# Exercise objective
I'd like every line from the material below that has "remote" in it.

(Beginning of Available records)

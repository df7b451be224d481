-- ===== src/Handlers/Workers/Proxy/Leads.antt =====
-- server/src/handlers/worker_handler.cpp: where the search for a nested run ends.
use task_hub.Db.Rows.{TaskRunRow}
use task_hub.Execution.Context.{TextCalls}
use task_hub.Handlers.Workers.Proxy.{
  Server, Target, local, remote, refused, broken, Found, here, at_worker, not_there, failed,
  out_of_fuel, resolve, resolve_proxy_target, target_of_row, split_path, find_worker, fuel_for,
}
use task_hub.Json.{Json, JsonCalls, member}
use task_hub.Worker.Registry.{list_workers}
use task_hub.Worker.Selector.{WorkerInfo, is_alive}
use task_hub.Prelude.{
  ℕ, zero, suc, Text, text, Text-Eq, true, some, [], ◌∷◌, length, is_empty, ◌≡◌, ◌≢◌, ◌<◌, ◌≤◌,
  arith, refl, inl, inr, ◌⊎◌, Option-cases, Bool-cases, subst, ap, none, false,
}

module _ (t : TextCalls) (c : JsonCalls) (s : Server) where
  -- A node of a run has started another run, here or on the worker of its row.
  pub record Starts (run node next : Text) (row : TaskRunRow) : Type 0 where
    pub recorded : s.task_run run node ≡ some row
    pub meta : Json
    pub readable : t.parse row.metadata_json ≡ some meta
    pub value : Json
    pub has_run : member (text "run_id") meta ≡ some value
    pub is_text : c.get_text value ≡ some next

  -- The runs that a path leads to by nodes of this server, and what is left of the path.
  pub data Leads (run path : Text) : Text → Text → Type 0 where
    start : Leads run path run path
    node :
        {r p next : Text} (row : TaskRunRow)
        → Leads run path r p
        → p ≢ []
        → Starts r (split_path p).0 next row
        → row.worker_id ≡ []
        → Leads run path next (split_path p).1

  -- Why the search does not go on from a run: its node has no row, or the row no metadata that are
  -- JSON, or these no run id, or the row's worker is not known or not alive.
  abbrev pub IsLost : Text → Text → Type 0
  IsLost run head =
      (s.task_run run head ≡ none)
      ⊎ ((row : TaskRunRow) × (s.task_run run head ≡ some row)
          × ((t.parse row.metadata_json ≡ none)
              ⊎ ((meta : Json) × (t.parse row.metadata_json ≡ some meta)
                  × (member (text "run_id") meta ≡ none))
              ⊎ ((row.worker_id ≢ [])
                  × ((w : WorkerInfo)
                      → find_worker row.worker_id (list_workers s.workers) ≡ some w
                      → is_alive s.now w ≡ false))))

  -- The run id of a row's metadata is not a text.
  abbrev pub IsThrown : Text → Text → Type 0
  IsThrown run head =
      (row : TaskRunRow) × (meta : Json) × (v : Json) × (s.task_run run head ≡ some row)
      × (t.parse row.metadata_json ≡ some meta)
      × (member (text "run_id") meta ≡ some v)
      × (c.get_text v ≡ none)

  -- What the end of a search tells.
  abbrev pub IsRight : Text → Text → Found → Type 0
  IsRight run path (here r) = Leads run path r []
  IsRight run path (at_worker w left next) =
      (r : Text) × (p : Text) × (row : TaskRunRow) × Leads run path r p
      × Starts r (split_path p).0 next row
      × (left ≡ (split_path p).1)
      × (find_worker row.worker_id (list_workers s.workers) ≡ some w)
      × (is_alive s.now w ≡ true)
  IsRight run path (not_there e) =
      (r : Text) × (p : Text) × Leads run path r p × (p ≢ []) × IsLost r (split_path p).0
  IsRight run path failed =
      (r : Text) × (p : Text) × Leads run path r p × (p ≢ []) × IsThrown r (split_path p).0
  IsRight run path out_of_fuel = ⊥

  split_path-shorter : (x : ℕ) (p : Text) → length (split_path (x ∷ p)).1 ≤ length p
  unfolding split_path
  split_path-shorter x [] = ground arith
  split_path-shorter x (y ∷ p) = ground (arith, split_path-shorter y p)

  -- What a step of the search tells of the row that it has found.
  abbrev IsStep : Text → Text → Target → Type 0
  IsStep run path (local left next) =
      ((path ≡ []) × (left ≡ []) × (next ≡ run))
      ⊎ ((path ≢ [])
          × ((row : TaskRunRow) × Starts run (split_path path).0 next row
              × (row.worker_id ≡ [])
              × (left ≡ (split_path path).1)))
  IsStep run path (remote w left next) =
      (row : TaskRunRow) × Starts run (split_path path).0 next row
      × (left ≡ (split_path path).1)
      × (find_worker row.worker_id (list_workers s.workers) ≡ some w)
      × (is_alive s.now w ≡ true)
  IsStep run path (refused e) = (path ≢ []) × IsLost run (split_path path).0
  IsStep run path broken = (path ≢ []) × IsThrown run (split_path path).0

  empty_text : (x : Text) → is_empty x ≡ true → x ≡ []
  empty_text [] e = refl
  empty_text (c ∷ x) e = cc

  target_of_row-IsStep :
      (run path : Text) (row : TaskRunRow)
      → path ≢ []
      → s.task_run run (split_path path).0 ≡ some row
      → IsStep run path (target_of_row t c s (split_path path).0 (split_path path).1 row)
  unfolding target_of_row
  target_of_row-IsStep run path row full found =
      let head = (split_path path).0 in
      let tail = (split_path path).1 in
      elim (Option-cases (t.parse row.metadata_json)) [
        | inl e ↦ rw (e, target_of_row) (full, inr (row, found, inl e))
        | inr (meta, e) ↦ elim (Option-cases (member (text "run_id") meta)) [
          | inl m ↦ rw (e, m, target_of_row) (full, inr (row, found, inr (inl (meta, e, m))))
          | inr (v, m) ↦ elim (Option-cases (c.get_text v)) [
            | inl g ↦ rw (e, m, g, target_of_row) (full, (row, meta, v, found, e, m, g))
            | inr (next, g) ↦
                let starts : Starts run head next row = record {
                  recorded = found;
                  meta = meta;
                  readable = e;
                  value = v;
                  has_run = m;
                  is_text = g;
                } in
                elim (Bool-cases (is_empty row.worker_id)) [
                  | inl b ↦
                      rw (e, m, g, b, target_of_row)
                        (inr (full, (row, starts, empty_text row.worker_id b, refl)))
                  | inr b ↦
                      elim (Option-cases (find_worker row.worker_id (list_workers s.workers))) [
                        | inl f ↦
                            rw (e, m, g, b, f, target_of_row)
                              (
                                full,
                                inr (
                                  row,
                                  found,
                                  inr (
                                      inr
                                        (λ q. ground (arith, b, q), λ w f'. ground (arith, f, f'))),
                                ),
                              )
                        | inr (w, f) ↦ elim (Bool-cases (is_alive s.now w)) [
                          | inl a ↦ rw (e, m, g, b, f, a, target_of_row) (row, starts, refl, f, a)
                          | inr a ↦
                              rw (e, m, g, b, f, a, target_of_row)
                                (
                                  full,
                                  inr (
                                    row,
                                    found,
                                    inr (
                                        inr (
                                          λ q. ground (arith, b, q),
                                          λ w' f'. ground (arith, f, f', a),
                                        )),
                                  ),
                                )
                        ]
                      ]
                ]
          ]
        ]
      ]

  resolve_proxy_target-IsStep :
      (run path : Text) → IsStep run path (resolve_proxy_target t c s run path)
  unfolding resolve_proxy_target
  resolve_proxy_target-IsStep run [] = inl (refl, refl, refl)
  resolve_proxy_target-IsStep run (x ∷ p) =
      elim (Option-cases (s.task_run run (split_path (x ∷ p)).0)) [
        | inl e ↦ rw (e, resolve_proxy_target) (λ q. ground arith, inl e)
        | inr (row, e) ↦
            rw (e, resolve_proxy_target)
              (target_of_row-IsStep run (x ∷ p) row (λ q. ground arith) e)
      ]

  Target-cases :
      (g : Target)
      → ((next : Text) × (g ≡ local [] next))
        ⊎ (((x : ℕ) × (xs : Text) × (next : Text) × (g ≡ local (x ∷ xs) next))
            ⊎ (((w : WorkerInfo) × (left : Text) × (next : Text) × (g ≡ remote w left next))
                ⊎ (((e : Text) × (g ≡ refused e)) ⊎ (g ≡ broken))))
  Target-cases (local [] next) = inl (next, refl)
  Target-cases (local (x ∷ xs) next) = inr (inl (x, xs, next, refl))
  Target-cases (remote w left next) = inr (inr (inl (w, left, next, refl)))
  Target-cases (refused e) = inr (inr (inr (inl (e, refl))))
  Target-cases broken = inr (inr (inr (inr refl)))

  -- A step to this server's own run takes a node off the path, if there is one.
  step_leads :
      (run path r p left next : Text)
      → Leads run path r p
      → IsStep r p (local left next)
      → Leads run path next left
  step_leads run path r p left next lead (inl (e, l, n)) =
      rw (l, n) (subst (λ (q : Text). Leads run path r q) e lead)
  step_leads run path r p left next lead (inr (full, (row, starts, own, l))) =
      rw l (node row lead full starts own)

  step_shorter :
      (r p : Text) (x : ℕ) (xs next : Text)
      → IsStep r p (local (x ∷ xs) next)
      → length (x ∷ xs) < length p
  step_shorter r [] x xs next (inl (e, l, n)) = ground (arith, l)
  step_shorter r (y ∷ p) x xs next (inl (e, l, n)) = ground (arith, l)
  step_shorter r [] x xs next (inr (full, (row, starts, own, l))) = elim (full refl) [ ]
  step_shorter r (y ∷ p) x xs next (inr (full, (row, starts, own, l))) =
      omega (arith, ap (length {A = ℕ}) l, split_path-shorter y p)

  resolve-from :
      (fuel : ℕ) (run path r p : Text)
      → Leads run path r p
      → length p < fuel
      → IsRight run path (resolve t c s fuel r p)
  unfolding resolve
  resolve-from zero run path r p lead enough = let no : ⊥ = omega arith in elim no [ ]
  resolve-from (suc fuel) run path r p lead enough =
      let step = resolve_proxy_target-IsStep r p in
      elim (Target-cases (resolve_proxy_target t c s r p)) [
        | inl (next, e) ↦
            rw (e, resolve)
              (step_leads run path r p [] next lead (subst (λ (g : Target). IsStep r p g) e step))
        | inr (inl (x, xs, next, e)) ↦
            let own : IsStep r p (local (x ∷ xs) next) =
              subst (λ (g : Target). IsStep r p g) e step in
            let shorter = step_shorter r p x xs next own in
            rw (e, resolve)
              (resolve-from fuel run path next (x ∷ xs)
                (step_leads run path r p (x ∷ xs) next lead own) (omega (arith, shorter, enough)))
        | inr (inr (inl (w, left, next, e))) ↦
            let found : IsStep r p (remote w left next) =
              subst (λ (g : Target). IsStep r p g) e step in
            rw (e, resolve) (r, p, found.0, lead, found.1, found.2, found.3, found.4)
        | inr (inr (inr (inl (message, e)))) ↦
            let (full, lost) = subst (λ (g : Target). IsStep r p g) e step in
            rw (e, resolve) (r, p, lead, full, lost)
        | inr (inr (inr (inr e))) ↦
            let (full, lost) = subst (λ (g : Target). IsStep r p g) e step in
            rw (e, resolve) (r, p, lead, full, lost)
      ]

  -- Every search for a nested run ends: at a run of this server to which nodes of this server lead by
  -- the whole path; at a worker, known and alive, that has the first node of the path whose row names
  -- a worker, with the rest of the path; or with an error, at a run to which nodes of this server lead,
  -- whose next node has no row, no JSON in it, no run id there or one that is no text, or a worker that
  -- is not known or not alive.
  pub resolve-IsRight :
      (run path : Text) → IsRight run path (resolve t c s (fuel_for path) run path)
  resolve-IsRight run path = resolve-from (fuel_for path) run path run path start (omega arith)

(End of Available records)
(Beginning of Available records)

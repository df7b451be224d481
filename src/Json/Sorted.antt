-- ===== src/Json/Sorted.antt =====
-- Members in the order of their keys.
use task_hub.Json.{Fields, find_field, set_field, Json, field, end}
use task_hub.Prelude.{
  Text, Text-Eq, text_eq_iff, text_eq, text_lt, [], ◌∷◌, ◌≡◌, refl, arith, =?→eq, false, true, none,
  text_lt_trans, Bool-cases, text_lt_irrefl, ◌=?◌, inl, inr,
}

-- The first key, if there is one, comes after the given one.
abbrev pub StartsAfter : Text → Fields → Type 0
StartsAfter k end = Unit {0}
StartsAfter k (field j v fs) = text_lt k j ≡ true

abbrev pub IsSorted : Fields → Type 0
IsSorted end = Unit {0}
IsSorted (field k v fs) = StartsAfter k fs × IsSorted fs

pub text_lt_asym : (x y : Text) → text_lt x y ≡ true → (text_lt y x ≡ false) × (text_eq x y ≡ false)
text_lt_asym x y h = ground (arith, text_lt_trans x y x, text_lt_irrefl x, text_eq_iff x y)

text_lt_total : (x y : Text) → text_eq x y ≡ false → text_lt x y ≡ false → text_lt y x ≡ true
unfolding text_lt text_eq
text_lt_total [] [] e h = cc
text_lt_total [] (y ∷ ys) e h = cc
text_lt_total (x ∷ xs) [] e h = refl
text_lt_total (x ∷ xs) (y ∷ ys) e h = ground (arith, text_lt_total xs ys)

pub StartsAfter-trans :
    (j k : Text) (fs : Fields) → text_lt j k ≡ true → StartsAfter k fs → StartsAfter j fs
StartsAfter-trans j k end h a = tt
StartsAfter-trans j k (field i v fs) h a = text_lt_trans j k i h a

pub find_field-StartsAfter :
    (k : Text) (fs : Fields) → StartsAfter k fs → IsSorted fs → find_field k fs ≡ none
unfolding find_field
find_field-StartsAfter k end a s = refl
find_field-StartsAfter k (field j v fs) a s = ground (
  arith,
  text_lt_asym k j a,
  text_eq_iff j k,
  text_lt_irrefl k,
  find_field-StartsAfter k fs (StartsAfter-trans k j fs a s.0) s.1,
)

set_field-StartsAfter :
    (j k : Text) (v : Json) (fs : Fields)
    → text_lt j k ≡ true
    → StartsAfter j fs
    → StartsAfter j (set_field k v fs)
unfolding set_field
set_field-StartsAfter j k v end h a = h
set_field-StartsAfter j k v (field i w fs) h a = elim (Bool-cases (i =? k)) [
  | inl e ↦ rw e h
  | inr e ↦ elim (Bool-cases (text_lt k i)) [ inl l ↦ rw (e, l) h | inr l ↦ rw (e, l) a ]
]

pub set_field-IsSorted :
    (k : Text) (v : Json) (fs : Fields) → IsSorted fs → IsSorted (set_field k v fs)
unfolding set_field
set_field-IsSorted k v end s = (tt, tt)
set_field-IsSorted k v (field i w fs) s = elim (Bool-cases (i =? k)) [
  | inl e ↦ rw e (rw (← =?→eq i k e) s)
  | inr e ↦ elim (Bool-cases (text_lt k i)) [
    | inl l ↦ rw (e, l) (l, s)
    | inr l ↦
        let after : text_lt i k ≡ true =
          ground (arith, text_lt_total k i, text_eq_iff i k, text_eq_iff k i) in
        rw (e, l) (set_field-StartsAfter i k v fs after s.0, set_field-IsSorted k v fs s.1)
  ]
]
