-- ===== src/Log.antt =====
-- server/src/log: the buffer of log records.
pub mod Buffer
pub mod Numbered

(End of Available records)

# Response below
  Server, Target, local, remote, refused, broken, Found, here, at_worker, not_there, failed,
  IsStep run path (remote w left next) =
            ⊎ (((w : WorkerInfo) × (left : Text) × (next : Text) × (g ≡ remote w left next))
  Target-cases (remote w left next) = inr (inr (inl (w, left, next, refl)))
            let found : IsStep r p (remote w left next) =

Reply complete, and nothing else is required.